### TASK STATEMENT
The result should be every line in the material below containing the string "ResultsRetriever".

━━━━━━━━━━

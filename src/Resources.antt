-- ===== src/Resources.antt =====
-- resources.py: the retrievers of results and waivers with their two caches. HTTP requests are functions
-- of `Server`; the calls hand the caches on, and an exception ends the request.
pub mod Fetched
pub mod Fresh
pub mod Cached
pub mod Shared
pub mod Retrieved
pub mod Koji
use Prim.Native.Char.{code}
use Prim.Native.String
use greenwave.Prelude.{
  ℕ, String, Bool, true, false, not, ◌&&◌, List, [], ◌∷◌, ◌++◌, Option, none, some, Dict, get, put,
  ◌==◌, nat_eq, string_eq, pair_eq, elem, all, select, is_empty, given, truthy, join, ◌<>◌,
  string_order, if◌then◌else◌,
}
use greenwave.Outcome.{Result, ok, raise, bad_gateway, ◌>>=◌}
use greenwave.Json.{Object, str, assign}
use greenwave.Subject.{Subject, result_queries}
use greenwave.Waiver.{Waiver, WaiverFilter}
use greenwave.Policy.Services.{Config, TestResult}

-- A response; the payload is the value under "data" in its body.
pub record Response {ℓ} (A : Type ℓ) : Type ℓ where
  pub is_ok : Bool
  pub status_code : String
  pub url : String
  pub text : String
  pub payload : A

-- `_raise_for_status`, and the data after it.
unfoldable pub retrieve_data {ℓ} : {A : Type ℓ} → Response A → Result A
retrieve_data response =
    if response.is_ok
    then ok response.payload
    else raise (
        bad_gateway (
          "Got unexpected status code " <> response.status_code <> " for " <> response.url <> ": "
          <> response.text))

-- ResultsDB and WaiverDB: the answers to `GET /results/latest` with these parameters, and to
-- `POST /waivers/+filtered` with these filters and the value of `since` that each gets.
pub record Server : Type 0 where
  pub latest : Object → Response (List TestResult)
  pub filtered : Option String → List WaiverFilter → Response (List Waiver)

-- `BaseRetriever`
pub record Retriever : Type 0 where
  pub ignore_ids : List ℕ
  pub since : Option String

unfoldable pub new_retriever : List ℕ → Option String → Retriever
new_retriever ignore_ids none = record { ignore_ids = ignore_ids; since = none }
new_retriever ignore_ids (some when) = record {
  ignore_ids = ignore_ids;
  since = if truthy when then some ("1900-01-01T00:00:00.000000," <> when) else none;
}

-- The cache of the retriever, by subject type and identifier, and the cache that the requests share,
-- by key.
pub record Caches : Type 0 where
  pub request : Dict (String × String) (List TestResult)
  pub external : Dict String (List TestResult)

abbrev pub Caching {ℓ} : Type ℓ → Type ℓ
Caching A = Caches → Result (A × Caches)

-- The text up to the first comma, and the second part of `text.split(",")`.
abbrev up_to_comma : String → String
up_to_comma String.[] = ""
up_to_comma (String.◌∷◌ c s) = if code c == 44 then "" else String.◌∷◌ c (up_to_comma s)

abbrev second_part : String → String
second_part String.[] = ""
second_part (String.◌∷◌ c s) = if code c == 44 then up_to_comma s else second_part s

-- `_results_match_time`
unfoldable pub results_match_time : Option String → List TestResult → Bool
results_match_time none results = true
results_match_time (some since) results =
    all (λ r. not (string_order.leq (second_part since) r.submit_time)) results

abbrev pub request_key : Subject → String × String
request_key s = (s.subject_type.id, s.item)

abbrev pub external_key : Subject → String → String
external_key s testcase =
    "greenwave.resources:ResultsRetriever|" <> s.subject_type.id <> " " <> s.item <> " " <> testcase

abbrev pub of_testcase : String → List TestResult → List TestResult
of_testcase testcase results = select (λ r. r.testcase == testcase) results

abbrev pub all_passed : Config → List TestResult → Bool
all_passed config results = all (λ r. elem r.outcome config.outcomes_passed) results

module _ (config : Config) (server : Server) (r : Retriever) where
  abbrev pub with_since : Option String → Object → Object
  with_since none query = query
  with_since (some since) query = assign "since" (str since) query

  abbrev with_testcase : Option String → Object → Object
  with_testcase none query = query
  with_testcase (some testcase) query =
      if truthy testcase then assign "testcases" (str testcase) query else query

  -- `query.update(params)`
  unfoldable pub add_params : Option String → Object → Object
  add_params testcase query = with_testcase testcase (
      with_since r.since
        (assign "_distinct_on" (str (join "," config.distinct_latest_results_on)) query))

  -- The loop over the queries.
  unfoldable pub fetch_queries : Option String → List Object → Result (List TestResult)
  fetch_queries testcase [] = ok []
  fetch_queries testcase (query ∷ rest) = do
    results ← retrieve_data (server.latest (add_params testcase query))
    more ← fetch_queries testcase rest
    ok (results ++ more)

  -- What ResultsDB answers.
  unfoldable pub fetch : Subject → Option String → Result (List TestResult)
  fetch s testcase = fetch_queries testcase (result_queries s)

  -- A hit in the shared cache: results that are not too late for the request.
  unfoldable pub external_hit : String → Caches → Option (List TestResult)
  external_hit key caches = elim (get key caches.external) [
    | none ↦ none
    | some results ↦
        if not (is_empty results) && results_match_time r.since results then some results else none
  ]

  -- What follows the request for one test case.
  unfoldable pub keep_passed : String → List TestResult → Caches → Caches
  keep_passed key results caches =
      if all_passed config results
      then record caches { external = put key results caches.external }
      else caches

  unfoldable pub retrieve_testcase : Subject → String → Caching (List TestResult)
  retrieve_testcase s testcase caches = elim (get (request_key s) caches.request) [
    | some results ↦ ok (of_testcase testcase results, caches)
    | none ↦ elim (external_hit (external_key s testcase) caches) [
      | some results ↦ ok (results, caches)
      | none ↦ do
        results ← fetch s (some testcase)
        ok (results, keep_passed (external_key s testcase) results caches)
    ]
  ]

  unfoldable pub retrieve_subject : Subject → Option String → Caching (List TestResult)
  retrieve_subject s testcase caches = do
    results ← fetch s testcase
    ok (results, record caches { request = put (request_key s) results caches.request })

  -- `ResultsRetriever._retrieve_all`
  unfoldable pub retrieve_all : Subject → Option String → Caching (List TestResult)
  retrieve_all s none caches = retrieve_subject s none caches
  retrieve_all s (some testcase) caches =
      if truthy testcase
      then retrieve_testcase s testcase caches
      else retrieve_subject s (some testcase) caches

  abbrev pub not_ignored : List TestResult → List TestResult
  not_ignored results = select (λ result. not (elem result.id r.ignore_ids)) results

  -- `BaseRetriever.retrieve`, for results and for waivers.
  unfoldable pub retrieve_results : Subject → Option String → Caching (List TestResult)
  retrieve_results s testcase caches = do
    (results, caches') ← retrieve_all s testcase caches
    ok (not_ignored results, caches')

  unfoldable pub retrieve_waivers : List WaiverFilter → Result (List Waiver)
  retrieve_waivers filters = do
    waivers ← retrieve_data (server.filtered r.since filters)
    ok (select (λ w. not (elem w.id r.ignore_ids)) (select (λ w. w.waived) waivers))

━━━━━━━━━━

### EXERCISE OUTPUT
    "greenwave.resources:ResultsRetriever|" <> s.subject_type.id <> " " <> s.item <> " " <> testcase
  -- `ResultsRetriever._retrieve_all`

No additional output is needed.